At that time the payoff on the first mortgage was ~$180,000 and the house was worth ~$200,000.  I had equity in the collateral (the house) to cover my full purchase price.  But very soon I would be spending more money.  A lot of the money I would be spending would be capitalized on the unpaid balance the borrower owed but, assuming the house value stayed flat, some of it could be out of the money–exceeding the value of the property.

I paid a servicer $95 a month to fully service the loan, including reaching out to the borrower–more on this below.  I also would quickly begin spending money on legal fees.  Unfortunately, you have to immediately initiate the foreclosure process when you buy a second mortgage.  Why?  I need to be the first to begin a foreclosure or I will risk getting wiped out by a first mortgage if it initiates default first.

When you buy a non performing mortgage that was originally made for owner-occupied houses, RESPA is in effect.  I hired a third party licensed servicer to handle ALL communications with the borrower.  Well, assuming they could reach the borrower.  She wouldn’t answer the phone.  We had a door knocker sent in an effort to get her to return the servicer’s call.  No answer.  I didn’t want the house back but would take it if I had no other option.  The servicer sent letters.  They never got through to her.

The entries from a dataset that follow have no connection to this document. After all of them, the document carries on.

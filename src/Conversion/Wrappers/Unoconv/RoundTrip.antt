-- ===== src/Conversion/Wrappers/Unoconv/RoundTrip.antt =====
-- packages/conversion-service/src/service/unoconv: the list of formats that the program writes is the list
-- that `detectSupportedFormats` finds.
use Prim.Native.Char.{code}
use Prim.Native.String as Text
use dynamic_conversion_servi.Prelude.{
  ℕ, String, false, Option, none, some, List, [], ◌∷◌, ◌++◌, map, ◌≡◌, ◌≢◌, refl, ap, ◌∙◌, All,
  eq_iff, str_eq, Bool-cases, Option-cases, inl, inr, if◌then◌else◌,
}
use mathlib.Core.List.{append_assoc, append-nil}
use dynamic_conversion_servi.Conversion.Wrappers.Unoconv.{
  Section, heading, section_of, FileFormat, FormatList, push, no_formats, Detection, read_line,
  read_lines, and_then, has_sufficient_formats_detected, Programs, Options, resolved, not_detected,
  detect_supported_formats, get_binary, add_options,
}
use dynamic_conversion_servi.Conversion.Wrappers.Unoconv.Lines.{handle_formats_line}
use dynamic_conversion_servi.Conversion.Wrappers.Unoconv.Show.{
  Shown, Listing, show_line, show_section, show_lines, show, IsShown, IsListing, file_format,
  format_list, entries, detected_as,
}
use dynamic_conversion_servi.Conversion.Wrappers.Unoconv.LineEnds.{split-unlines, lines-IsLine}
use dynamic_conversion_servi.Conversion.Wrappers.Unoconv.LineLaws.{handle_formats_line-show_line}

-- A heading begins with a letter.
abbrev first_code : String → ℕ
first_code Text.[] = 0
first_code (Text.◌∷◌ c s) = code c

no_heading : (s t : String) → first_code s ≢ first_code t → str_eq s t ≡ false
no_heading s t h = elim (Bool-cases (str_eq s t)) [
  | inl e ↦ absurd (h (ap first_code ((eq_iff s t).0 e)))
  | inr e ↦ e
]

plain_line : (s : String) → first_code s ≢ b'T' → section_of s ≡ none
unfolding section_of
plain_line s h =
    rw
      (
        no_heading s (heading Section.documents) h,
        no_heading s (heading Section.drawings) h,
        no_heading s (heading Section.presentations) h,
        no_heading s (heading Section.spreadsheets) h,
      )
      refl

section_of-heading : (section : Section) → section_of (heading section) ≡ some section
unfolding section_of
section_of-heading Section.documents = refl
section_of-heading Section.drawings = refl
section_of-heading Section.presentations = refl
section_of-heading Section.spreadsheets = refl

-- What one section adds.
abbrev extended : Section → List FileFormat → FormatList → FormatList
extended Section.documents gs fs = record fs { document = fs.document ++ gs }
extended Section.drawings gs fs = record fs { graphics = fs.graphics ++ gs }
extended Section.presentations gs fs = record fs { presentation = fs.presentation ++ gs }
extended Section.spreadsheets gs fs = record fs { spreadsheet = fs.spreadsheet ++ gs }

extended-nil : (section : Section) (fs : FormatList) → extended section [] fs ≡ fs
extended-nil Section.documents fs = rw (append-nil fs.document) refl
extended-nil Section.drawings fs = rw (append-nil fs.graphics) refl
extended-nil Section.presentations fs = rw (append-nil fs.presentation) refl
extended-nil Section.spreadsheets fs = rw (append-nil fs.spreadsheet) refl

extended-push :
    (section : Section) (g : FileFormat) (gs : List FileFormat) (fs : FormatList)
    → extended section gs (push g section fs) ≡ extended section (g ∷ gs) fs
unfolding push
extended-push Section.documents g gs fs = rw (append_assoc fs.document (g ∷ []) gs) refl
extended-push Section.drawings g gs fs = rw (append_assoc fs.graphics (g ∷ []) gs) refl
extended-push Section.presentations g gs fs = rw (append_assoc fs.presentation (g ∷ []) gs) refl
extended-push Section.spreadsheets g gs fs = rw (append_assoc fs.spreadsheet (g ∷ []) gs) refl

no_letter : (f : Shown) → first_code (show_line f) ≢ b'T'
unfolding show_line
no_letter f = cc

in_sections :
    (l : Listing)
    → show_lines l ++ Text.[] ∷ []
      ≡ show_section Section.documents l.document
        ++ (show_section Section.drawings l.graphics
            ++ (show_section Section.presentations l.presentation
                ++ (show_section Section.spreadsheets l.spreadsheet ++ Text.[] ∷ [])))
in_sections l = simp append_assoc

module _ (get_type : String → Option String) where
  abbrev at_section : Section → FormatList → Detection
  at_section section fs = record { doc_type = some section; formats = fs }

  read_lines-append :
      (xs ys : List String) (d : Detection)
      → read_lines get_type (xs ++ ys) d
        ≡ and_then (read_lines get_type xs d) (read_lines get_type ys)
  unfolding read_lines
  read_lines-append [] ys d = refl
  read_lines-append (x ∷ xs) ys d = elim (Option-cases (read_line get_type x d)) [
    | inl e ↦ rw e refl
    | inr (d1, e) ↦ rw e (read_lines-append xs ys d1)
  ]

  read_empty_line : (d : Detection) → read_line get_type Text.[] d ≡ some d
  unfolding read_line section_of handle_formats_line
  read_empty_line d = refl

  read_heading :
      (section : Section) (d : Detection)
      → read_line get_type (heading section) d ≡ some (at_section section d.formats)
  unfolding read_line
  read_heading section d = rw (section_of-heading section) refl

  read_shown :
      (f : Shown) (section : Section) (fs : FormatList)
      → IsShown f
      → read_line get_type (show_line f) (at_section section fs)
        ≡ some (at_section section (push (file_format get_type f) section fs))
  unfolding read_line
  read_shown f section fs h =
      rw (plain_line (show_line f) (no_letter f), handle_formats_line-show_line f h) refl

  read_entries :
      (es : List Shown) (section : Section) (fs : FormatList)
      → All IsShown es
      → read_lines get_type (map show_line es) (at_section section fs)
        ≡ some (at_section section (extended section (map (file_format get_type) es) fs))
  unfolding read_lines
  read_entries [] section fs h = rw (extended-nil section fs) refl
  read_entries (e ∷ es) section fs (h, hs) =
      rw
        (
          read_shown e section fs h,
          read_entries es section (push (file_format get_type e) section fs) hs,
          extended-push section (file_format get_type e) (map (file_format get_type) es) fs,
        )
        refl

  read_section :
      (es : List Shown) (section : Section) (d : Detection)
      → All IsShown es
      → read_lines get_type (show_section section es) d
        ≡ some (at_section section (extended section (map (file_format get_type) es) d.formats))
  unfolding read_lines
  read_section es section d h =
      rw
        (
          read_heading section d,
          read_empty_line (at_section section d.formats),
          read_lines-append (map show_line es) (Text.[] ∷ []) (at_section section d.formats),
          read_entries es section d.formats h,
          read_empty_line
              (at_section section (extended section (map (file_format get_type) es) d.formats)),
        )
        refl

  then_section :
      (es : List Shown) (section : Section) (d : Detection) (rest : List String)
      → All IsShown es
      → read_lines get_type (show_section section es ++ rest) d
        ≡ read_lines get_type rest
            (at_section section (extended section (map (file_format get_type) es) d.formats))
  then_section es section d rest h =
      read_lines-append (show_section section es) rest d
      ∙ ap (λ o. and_then o (read_lines get_type rest)) (read_section es section d h)

  abbrev start : Detection
  start = record { doc_type = none; formats = no_formats }

  last_line : (d : Detection) → read_lines get_type (Text.[] ∷ []) d ≡ some d
  unfolding read_lines
  last_line d = rw (read_empty_line d) refl

  -- Reading the four sections from the start.
  read_listing :
      (l : Listing)
      → IsListing l
      → read_lines get_type (show_lines l ++ Text.[] ∷ []) start
        ≡ some (at_section Section.spreadsheets (format_list get_type l))
  read_listing l (hd, hg, hp, hs) =
      ap (λ lines. read_lines get_type lines start) (in_sections l)
      ∙ then_section l.document Section.documents start _ hd
      ∙ then_section l.graphics Section.drawings _ _ hg
      ∙ then_section l.presentation Section.presentations _ _ hp
      ∙ then_section l.spreadsheet Section.spreadsheets _ _ hs
      ∙ last_line (at_section Section.spreadsheets (format_list get_type l))

  -- The formats are sufficient if something is listed in some section.
  sufficient-entries :
      (ds gs ps ss : List Shown)
      → let l : Listing = record {
        document = ds;
        graphics = gs;
        presentation = ps;
        spreadsheet = ss;
      } in
        (if has_sufficient_formats_detected (format_list get_type l)
          then resolved (format_list get_type l)
          else not_detected)
        ≡ detected_as (entries l) (format_list get_type l)
  unfolding has_sufficient_formats_detected
  sufficient-entries (d ∷ ds) gs ps ss = refl
  sufficient-entries [] (g ∷ gs) ps ss = refl
  sufficient-entries [] [] (p ∷ ps) ss = refl
  sufficient-entries [] [] [] (s ∷ ss) = refl
  sufficient-entries [] [] [] [] = refl

module _ {W : Type 0} (programs : Programs W) (options : Option Options) (w : W) (l : Listing) where
  -- The listing is read whole, and then looked at.
  pub detected_listing :
      IsListing l
      → (programs.exec_file (get_binary options) ("--show" ∷ []) w).0 ≡ some (show l)
      → (detect_supported_formats programs options w).0 ≡ (
          if has_sufficient_formats_detected (format_list programs.get_type l)
          then resolved (format_list programs.get_type l)
          else not_detected)
  unfolding detect_supported_formats add_options
  detected_listing h shown =
      rw
        (shown, split-unlines (show_lines l) (lines-IsLine l h), read_listing programs.get_type l h)
        refl

  -- A listing that unoconv shows, whose parts are not empty, have no space around them and hold no dash,
  -- opening bracket or line end of JavaScript, is detected as its formats, section by section and in the
  -- order shown; if no section lists a format, the detection is given up.
  pub detect_supported_formats-show :
      IsListing l
      → (programs.exec_file (get_binary options) ("--show" ∷ []) w).0 ≡ some (show l)
      → (detect_supported_formats programs options w).0
        ≡ detected_as (entries l) (format_list programs.get_type l)
  detect_supported_formats-show h shown =
      detected_listing h shown
      ∙ sufficient-entries programs.get_type l.document l.graphics l.presentation l.spreadsheet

Unfortunately, we were never able to make contact with the owner.  The foreclosure sale took place in March 2020 and was among the last sales prior to the COVID foreclosure moratoriums went into effect.  Why did it take 2.5 years?  Each state handles foreclosures differently.  In Pennsylvania, it was a sheriff or constable that had to provide service to the borrower.  Turns out they’re not keen on foreclosing on the people in their community.  It took forever and a day to complete service, then it took forever and a day (March 2019) to get judgment entered against the owner.  The sale was originally scheduled for August 2019 and was delayed until March 2020.  

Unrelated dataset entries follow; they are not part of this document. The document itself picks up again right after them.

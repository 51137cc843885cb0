-- ===== src/Conversion/Wrappers/Supports.antt =====
-- packages/conversion-service: which conversions are accepted, in terms of what ffmpeg and unoconv list.
use dynamic_conversion_servi.Prelude.{
  String, Bool, true, false, ◌&&◌, ◌||◌, List, [], ◌∷◌, ◌++◌, map, Option, none, some, ◌≡◌, refl,
  ap, arith, str_eq,
}
use mathlib.Core.List.{map-append}
use dynamic_conversion_servi.Prelude.Dict.{Dict, has, lookup}
use dynamic_conversion_servi.Conversion.Wrappers.{Format, has_extension, has_both, Promised}
use dynamic_conversion_servi.Conversion.Wrappers.Unoconv.{
  Programs, FileFormat, FormatList, Detected, resolved, all_formats, to_format,
  has_sufficient_formats_detected, detect_supported_formats, get_binary,
}
use dynamic_conversion_servi.Conversion.Wrappers.Unoconv as Unoconv
use dynamic_conversion_servi.Conversion.Wrappers.Unoconv.Show.{
  Shown, Listing, IsListing, show, format_list, file_format,
}
use dynamic_conversion_servi.Conversion.Wrappers.Unoconv.RoundTrip.{detected_listing}
use dynamic_conversion_servi.Conversion.Wrappers.Ffmpeg.{
  FfmpegApi, FormatData, Named, ffmpeg_formats, name_capability, contains_capability,
}
use dynamic_conversion_servi.Conversion.Wrappers.Ffmpeg as Ffmpeg
use dynamic_conversion_servi.Conversion.Wrappers.ImageMagick as ImageMagick
use dynamic_conversion_servi.Conversion.Wrappers.Offered.{supports_conversion}

-- Whether a shown format has this extension.
abbrev pub shows : List Shown → String → Bool
shows [] extension = false
shows (f ∷ fs) extension = str_eq f.extension extension || shows fs extension

abbrev pub shown_formats : Listing → List Shown
shown_formats l = l.document ++ l.graphics ++ l.presentation ++ l.spreadsheet

shows-append :
    (fs gs : List Shown) (extension : String)
    → shows (fs ++ gs) extension ≡ (shows fs extension || shows gs extension)
shows-append [] gs extension = refl
shows-append (f ∷ fs) gs extension = ground (arith, shows-append fs gs extension)

has_extension-append :
    (fs gs : List Format) (extension : String)
    → has_extension (fs ++ gs) extension
      ≡ (has_extension fs extension || has_extension gs extension)
unfolding has_extension
has_extension-append [] gs extension = refl
has_extension-append (f ∷ fs) gs extension = ground (arith, has_extension-append fs gs extension)

module _ {W : Type 0} (programs : Programs W) where
  has_extension-map :
      (fs : List Shown) (extension : String)
      → has_extension (map (to_format programs) (map (file_format programs.get_type) fs)) extension
        ≡ shows fs extension
  unfolding has_extension
  has_extension-map [] extension = refl
  has_extension-map (f ∷ fs) extension =
      ap (λ b. str_eq f.extension extension || b) (has_extension-map fs extension)

  -- The formats of a listing are looked up by the extensions that it shows.
  has_extension-listing :
      (l : Listing) (extension : String)
      → has_extension (all_formats programs (format_list programs.get_type l)) extension
        ≡ shows (shown_formats l) extension
  unfolding all_formats
  has_extension-listing l extension =
      simp (map-append, has_extension-append, shows-append, has_extension-map)

has_extension-ffmpeg :
    (dict : Dict FormatData) (extension : String)
    → has_extension (ffmpeg_formats (name_capability dict)) extension ≡ has extension dict
unfolding has_extension ffmpeg_formats name_capability lookup
has_extension-ffmpeg [] extension = refl
has_extension-ffmpeg ((name, item) ∷ dict) extension =
    ground (arith, has_extension-ffmpeg dict extension)

-- What unoconv shows, if it runs at all, and what a conversion is then answered.
abbrev pub shown_text : Option Listing → Option String
shown_text none = none
shown_text (some l) = some (show l)

abbrev pub IsShowing : (String → Option String) → Option Listing → Type 0
IsShowing get_type none = Unit
IsShowing get_type (some l) =
    IsListing l × (has_sufficient_formats_detected (format_list get_type l) ≡ true)

abbrev pub both : (String → Bool) → String → String → Bool
both supports source target = supports source && supports target

abbrev pub accepted : Dict FormatData → Option Listing → String → String → Promised Bool
accepted dict none source target = Promised.rejected
accepted dict (some l) source target = Promised.value (
    both (λ f. has f dict) source target
    || both ImageMagick.is_supported_format source target
    || both (shows (shown_formats l)) source target)

module _ {Codec Encoder Filter W : Type 0} (programs : Programs W)
    (ffmpeg : FfmpegApi Codec Encoder Filter W) where
  by_ffmpeg :
      (dict : Dict FormatData) (w : W) (source target : String)
      → (ffmpeg.available_formats w).0 ≡ some dict
      → (Ffmpeg.can_convert ffmpeg source target w).0
        ≡ Promised.value (both (λ f. has f dict) source target)
  unfolding Ffmpeg.can_convert Ffmpeg.get_supported_conversion_formats has_both
  by_ffmpeg dict w source target h =
      rw (h, has_extension-ffmpeg dict source, has_extension-ffmpeg dict target) refl

  after_ffmpeg :
      (w w1 : W) (source target : String)
      → (ffmpeg.available_formats w).1 ≡ w1
      → (Ffmpeg.can_convert ffmpeg source target w).1 ≡ w1
  unfolding Ffmpeg.can_convert
  after_ffmpeg w w1 source target h = h

  by_unoconv :
      (l : Listing) (w : W) (source target : String)
      → (programs.exec_file "unoconv" ("--show" ∷ []) w).0 ≡ some (show l)
      → IsListing l
      → has_sufficient_formats_detected (format_list programs.get_type l) ≡ true
      → (Unoconv.can_convert programs source target w).0
        ≡ Promised.value (both (shows (shown_formats l)) source target)
  unfolding Unoconv.can_convert Unoconv.get_supported_conversion_formats has_both get_binary
  by_unoconv l w source target shown h enough =
      rw
        (
          detected_listing programs none w l h shown,
          enough,
          has_extension-listing programs l source,
          has_extension-listing programs l target,
        )
        refl

  without_unoconv :
      (w : W) (source target : String)
      → (programs.exec_file "unoconv" ("--show" ∷ []) w).0 ≡ none
      → (Unoconv.can_convert programs source target w).0 ≡ Promised.rejected
  unfolding Unoconv.can_convert detect_supported_formats
  without_unoconv w source target h = rw h refl

  -- When ffmpeg lists its formats, and unoconv shows a listing that holds a format and can be read, a
  -- conversion is supported exactly if both of its formats are names that ffmpeg lists, or both are
  -- formats of ImageMagick's file, or both are extensions that unoconv shows. If unoconv cannot be run,
  -- the question is rejected for all formats, those that ffmpeg lists included.
  pub supports_conversion-accepted :
      (dict : Dict FormatData) (listing : Option Listing) (w w1 : W) (source target : String)
      → ffmpeg.available_formats w ≡ (some dict, w1)
      → (programs.exec_file "unoconv" ("--show" ∷ []) w1).0 ≡ shown_text listing
      → IsShowing programs.get_type listing
      → (supports_conversion programs ffmpeg source target w).0
        ≡ accepted dict listing source target
  unfolding supports_conversion ImageMagick.can_convert
  supports_conversion-accepted dict none w w1 source target f shown h =
      rw
        (
          by_ffmpeg dict w source target (ap (λ p. p.0) f),
          after_ffmpeg w w1 source target (ap (λ p. p.1) f),
          without_unoconv w1 source target shown,
        )
        refl
  supports_conversion-accepted dict (some l) w w1 source target f shown (h, enough) =
      rw
        (
          by_ffmpeg dict w source target (ap (λ p. p.0) f),
          after_ffmpeg w w1 source target (ap (λ p. p.1) f),
          by_unoconv l w1 source target shown h enough,
        )
        refl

But I got paid to wait.  My downside was protected by my cost basis but my upside was only restrained by the payoff amount on the loan.  In other words because of late fees, arrearages and accruing interest, the borrower owed $83,000 on the second mortgage.  Should the value of the house rise 25%, my 401K plan would have captured all of this upside.

Following the foreclosure, we hired a locksmith and entered the house.  It was vacant.  It was in good condition.  There were some paint cans and it looked like the previous owner was trying to renovate the house.  This was consistent with the photo attached to this article that I realtor took when I was diligencing the collateral back in 2017.  It looked like the owner was renovating the property back then.  I don’t and didn’t like the feeling of being associated with someone’s failure like this but that’s what happened.  We spent $2,400 paying the town back the borrower’s unpaid utility bills and a couple thousand on paint and carpet.

I hired a local realtor who rented the house last August for $1,850 a month rent.  Given our cost basis of $19,000 our payback period was roughly 14 months as we are also paying property insurance.  I reached out to the tenant this past weekend and they intend to renew the lease for another year.  I’m still trying to work something out with the lender on the first mortgage.  Zillow now pegs the value of the house at $309K.